転倒したバベルは、そのまま火影の流れる石畳に膝をついた。逃げ惑う兵士たちに
踏み砕かれた鈴は、もう音を鳴らさなかった。
「ティティアをはなして」
竜神の娘は魔王の前に這いつくばった。たとえ今さら剣を腹に突き立てたとて、
魔物の子は生まれてくる。それに、さっきからのこの喉の渇き。覚えのある、この悪寒。
足許にひれ伏し、臓腑を火の粉で焼かれているかのような強い飢餓感に喘いでいる
バベルを魔王の金眸が見下ろした。
「つらいか、バベル」
「魔王。その人を、ティティアをはなして」
「逃げるんだ、バベル」
「魔王。ティティアをはなして。サイレンを逃がして。何でもするから」
「魔物の子は成長が早い。そちと余の子は、あれなるサイレンのような反逆者には
なるまいぞ。バベル、お前ももう逃げることはない。余の血を呑み、この女がいる限りはな」
腕の中にティティアを抱え、魔王はしもべたちにバベルを捕らえさせた。
「バベル!」
「そこで余の復讐を見届けるがよい、サイレン」
黒々と、魔王の怪鳥が空に舞い上がった。
前鞍にティティアを横たえ、バベルを乗せた魔物たちを従えた魔王は、劫火に
沈みゆく祈りの町を上空から睥睨し、煙火に隔てられているサイレンに云った。
「そこで見ているがよい。お前の母を殺した人間どもが焼かれゆくさまをな。
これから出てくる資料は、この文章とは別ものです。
-- ===== src/Command/Create.antt =====
-- What `command_create` starts with: the fixed arguments, the environment's size and the limit.
use mathlib.Core.Path.{subst}
use phxargs.Base.{
  ℕ, ◌+◌, ◌*◌, ◌≤◌, ◌<◌, ◌≡◌, refl, sym, ap, ◌⊎◌, inl, inr, true, false, List, [], ◌∷◌, ◌++◌, ok,
  exit, exit_failure, Bool-cases, length, arith, append-nil, append_assoc, ltb, length-append,
}
use phxargs.Base.Int.{ℤ, pos, negsuc, pos_part}
use phxargs.Base.Strings.{Str}
use phxargs.Util.{phxargs_min}
use phxargs.Options.{Options}
use phxargs.CommandArgs.{CommandArgs, command_args_create_with_capacity}
use phxargs.CommandArgs.Refines.{
  Represents, bytes_of, command_args_add-room, command_args_create_with_capacity-Represents,
}
use phxargs.Command.Limits.{IsWithin, create_input_args-Represents}
use phxargs.Command.{
  unlimited_command, Command, default_cmd, command_create, create_fixed_args, add_fixed_arguments,
  decide_max_length, system_max_length, command_length, calc_env_length,
}

-- The words of the command: those given, or `/bin/echo`.
abbrev pub words_of : List Str → List Str
words_of [] = default_cmd ∷ []
words_of (arg ∷ argv) = arg ∷ argv

add_fixed_arguments-Represents :
    (argv : List Str) {a : CommandArgs} {items : List Str}
    → Represents a items
    → a.count + length argv ≤ a.capacity
    → (a' : CommandArgs) × (add_fixed_arguments a argv ≡ ok a') × Represents a' (items ++ argv)
unfolding add_fixed_arguments
add_fixed_arguments-Represents [] {a} {items} r h = (a, refl, rw (append-nil items) r)
add_fixed_arguments-Represents (arg ∷ argv) {a} {items} r h =
    let (a', e, r', same) = command_args_add-room arg r (omega arith) in
    let (a'', e', r'') =
      add_fixed_arguments-Represents argv r'
        (omega (arith, same, r.counted, r'.counted, length-append items (arg ∷ []))) in
    (a'', rw e e', subst (Represents a'') (append_assoc items (arg ∷ []) argv) r'')

pub create_fixed_args-Represents :
    (argv : List Str)
    → (a : CommandArgs) × (create_fixed_args argv ≡ ok a) × Represents a (words_of argv)
unfolding create_fixed_args command_args_create_with_capacity
create_fixed_args-Represents [] =
    let (a, e, r, _) =
      command_args_add-room default_cmd (command_args_create_with_capacity-Represents 1)
        (omega arith) in
    (a, e, r)
create_fixed_args-Represents (arg ∷ argv) =
    add_fixed_arguments-Represents (arg ∷ argv)
      (command_args_create_with_capacity-Represents (length (arg ∷ argv))) (omega arith)

-- What the system leaves to a command: 128 KiB where it states no limit; else its limit less twice the
-- environment and 2048 bytes, or nothing where these take all of it.
pub data Leaves (sc_arg_max : ℤ) (env_length : ℕ) : ℕ → Type 0 where
  unlimited : pos_part sc_arg_max ≡ 0 → Leaves sc_arg_max env_length (128 * 1024)
  room_left :
      {left : ℕ}
      → left + (2 * env_length + 2048) ≡ pos_part sc_arg_max
      → Leaves sc_arg_max env_length left
  none_left :
      0 < pos_part sc_arg_max
      → pos_part sc_arg_max ≤ 2 * env_length + 2048
      → Leaves sc_arg_max env_length 0

system_max_length-cases :
    (sc_arg_max : ℤ) (env_length : ℕ)
    → let left = system_max_length sc_arg_max env_length in
      (pos_part sc_arg_max ≡ 0) × (left ≡ 128 * 1024)
      ⊎ ((left + (2 * env_length + 2048) ≡ pos_part sc_arg_max)
          ⊎ ((0 < pos_part sc_arg_max)
              × (pos_part sc_arg_max ≤ 2 * env_length + 2048)
              × (left ≡ 0)))
unfolding system_max_length
system_max_length-cases (negsuc n) env_length = inl (refl, ground arith)
system_max_length-cases (pos n) env_length = ground arith

system_max_length-Leaves :
    (sc_arg_max : ℤ) (env_length : ℕ)
    → Leaves sc_arg_max env_length (system_max_length sc_arg_max env_length)
system_max_length-Leaves sc_arg_max env_length =
    elim (system_max_length-cases sc_arg_max env_length) [
      | inl (no_limit, e) ↦ subst (Leaves sc_arg_max env_length) (sym e) (unlimited no_limit)
      | inr (inl room) ↦ room_left room
      | inr (inr (limited, taken, e)) ↦
          subst (Leaves sc_arg_max env_length) (sym e) (none_left limited taken)
    ]

decide_max_length-cases :
    (cmd : Command) (opts : Options) (sc_arg_max : ℤ)
    → (decide_max_length cmd opts sc_arg_max ≡ exit exit_failure)
        × (opts.max_command_length_specified ≡ true)
        × ((opts.max_command_length < command_length cmd)
            ⊎ (system_max_length sc_arg_max cmd.env_length < opts.max_command_length))
      ⊎ (m : ℕ) × (decide_max_length cmd opts sc_arg_max ≡ ok m)
        × (m ≤ system_max_length sc_arg_max cmd.env_length)
        × ((opts.max_command_length_specified ≡ true)
              × (m ≡ opts.max_command_length)
              × (command_length cmd ≤ m)
            ⊎ (opts.max_command_length_specified ≡ false)
              × ((m ≡ 128 * 1024)
                  ⊎ (m ≤ 128 * 1024) × (m ≡ system_max_length sc_arg_max cmd.env_length)))
unfolding decide_max_length phxargs_min
decide_max_length-cases cmd opts sc_arg_max =
    let system = system_max_length sc_arg_max cmd.env_length in
    elim (Bool-cases opts.max_command_length_specified) [
      | inr free ↦ inr (phxargs_min (128 * 1024) system, rw free refl, ground arith, ground arith)
      | inl given ↦ elim (Bool-cases (ltb opts.max_command_length (command_length cmd))) [
        | inl small ↦ inl (rw (given, small) refl, given, ground arith)
        | inr enough ↦ elim (Bool-cases (ltb system opts.max_command_length)) [
          | inl large ↦ inl (rw (given, enough, large) refl, given, ground arith)
          | inr fits ↦
              inr
                (opts.max_command_length, rw (given, enough, fits) refl, ground arith, ground arith)
        ]
      ]
    ]

calc_env_length_lem : (environ : List Str) → calc_env_length environ ≡ bytes_of environ
unfolding calc_env_length bytes_of
calc_env_length_lem [] = refl
calc_env_length_lem (e ∷ environ) = ap (λ n. (length e + 1) + n) (calc_env_length_lem environ)

-- A command as the options, the words and the environment ask for.
pub record Starts (opts : Options) (argv environ : List Str) (sc_arg_max : ℤ) (cmd : Command)
    : Type 0 where
  pub words : Represents cmd.fixed_args (words_of argv)
  pub placeholder : cmd.arg_placeholder ≡ opts.arg_placeholder
  pub line_mode : cmd.line_mode ≡ opts.line_mode_specified
  pub strict : cmd.terminate_on_too_large_command ≡ opts.terminate_on_too_large_command
  pub max_args : cmd.max_args ≡ opts.max_args_per_command
  pub max_lines : cmd.max_lines ≡ opts.max_lines_per_command
  pub open_tty : cmd.open_tty ≡ opts.open_tty
  pub prompt : cmd.prompt ≡ opts.prompt
  pub trace : cmd.trace ≡ opts.trace
  pub no_line : cmd.line_count ≡ 0
  pub replaced : cmd.replaced_fixed_args ≡ command_args_create_with_capacity cmd.fixed_args.count
  pub within : IsWithin cmd []
  pub environment : cmd.env_length ≡ bytes_of environ
  pub left : ℕ
  pub leaves : Leaves sc_arg_max (bytes_of environ) left
  pub system : cmd.max_length ≤ left
  pub limit :
      (opts.max_command_length_specified ≡ true)
        × (cmd.max_length ≡ opts.max_command_length)
        × (bytes_of environ + bytes_of (words_of argv) ≤ cmd.max_length)
      ⊎ (opts.max_command_length_specified ≡ false)
        × ((cmd.max_length ≡ 128 * 1024) ⊎ (cmd.max_length ≤ 128 * 1024) × (cmd.max_length ≡ left))

command_length_unlimited :
    (opts : Options) (argv environ : List Str) (fixed_args : CommandArgs)
    → Represents fixed_args (words_of argv)
    → command_length (unlimited_command opts fixed_args environ)
      ≡ bytes_of environ + bytes_of (words_of argv)
unfolding command_length unlimited_command bytes_of
command_length_unlimited opts argv environ fixed_args r = omega (
  arith,
  r.measured,
  (create_input_args-Represents opts.max_args_per_command).measured,
  calc_env_length_lem environ,
)

-- `-s` cannot be met: it is less than the environment and the words take, or more than the system leaves.
pub data SizeFails (opts : Options) (argv environ : List Str) (sc_arg_max : ℤ) : Type 0 where
  too_small :
      opts.max_command_length_specified ≡ true
      → opts.max_command_length < bytes_of environ + bytes_of (words_of argv)
      → SizeFails opts argv environ sc_arg_max
  too_large :
      {left : ℕ}
      → opts.max_command_length_specified ≡ true
      → Leaves sc_arg_max (bytes_of environ) left
      → left < opts.max_command_length
      → SizeFails opts argv environ sc_arg_max

-- Creating a command either leaves the process with status 1, where `-s` is given and is less than the
-- bytes of the environment and the words, with their NULs, or more than the system leaves; or it gives a
-- command whose fixed arguments are the words (`/bin/echo` without any), whose environment has its size
-- in bytes, which has no input argument and has counted no line, and whose placeholder and options
-- `-n`, `-L`, `-o`, `-p`, `-t` and `-x` are those given. Its limit is that of `-s`, or without it
-- 128 KiB or what the system leaves, the smaller of the two. The system leaves 128 KiB where it states no
-- limit; else its limit less 2048 bytes and twice the environment, or 0 where these take all of it.
pub command_create-Starts :
    (opts : Options) (argv environ : List Str) (sc_arg_max : ℤ)
    → (command_create opts argv environ sc_arg_max ≡ exit exit_failure)
        × SizeFails opts argv environ sc_arg_max
      ⊎ (cmd : Command) × (command_create opts argv environ sc_arg_max ≡ ok cmd)
        × Starts opts argv environ sc_arg_max cmd
unfolding command_create unlimited_command
command_create-Starts opts argv environ sc_arg_max =
    let (fixed_args, e, r) = create_fixed_args-Represents argv in
    let cmd = unlimited_command opts fixed_args environ in
    let size = command_length_unlimited opts argv environ fixed_args r in
    let env = calc_env_length_lem environ in
    let leaves =
      subst (λ n. Leaves sc_arg_max n (system_max_length sc_arg_max cmd.env_length)) env
        (system_max_length-Leaves sc_arg_max cmd.env_length) in
    elim (decide_max_length-cases cmd opts sc_arg_max) [
      | inl (refused, given, why) ↦ inl (
        rw (e, refused) refl,
        elim why [
          | inl small ↦ too_small given (subst (λ n. opts.max_command_length < n) size small)
          | inr large ↦ too_large given leaves large
        ],
      )
      | inr (m, decided, below, limit) ↦ inr (
        record cmd { max_length = m },
        rw (e, decided) refl,
        record {
          words = r;
          placeholder = refl;
          line_mode = refl;
          strict = refl;
          max_args = refl;
          max_lines = refl;
          open_tty = refl;
          prompt = refl;
          trace = refl;
          no_line = refl;
          replaced = refl;
          within = record {
            arguments = create_input_args-Represents opts.max_args_per_command;
            number = inr (omega arith);
            size = inl refl;
          };
          environment = env;
          left = system_max_length sc_arg_max cmd.env_length;
          leaves = leaves;
          system = below;
          limit = elim limit [
            | inl (given, same, room) ↦ inl (given, same, subst (λ n. n ≤ m) size room)
            | inr free ↦ inr free
          ];
        },
      )
    ]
指環は大切に
持っておけ。バベルに子を生ませた後に、バミューダどもの始末は考えよう」
「魔王!」
「お前のこともな、サイレン」
祈りの町から飛び去る妖魔たちには、地上の地獄など、枯葉がいちまい燃えて
いるほどの瑣末でしかなかった。彼らは燃え盛っている山から立ち去った。
「バベル!」
嵐の後には、豪雨がおこった。
バベルの名を呼ぶサイレンの声は、祈りの町の消滅と共に、山の底に遠くなった。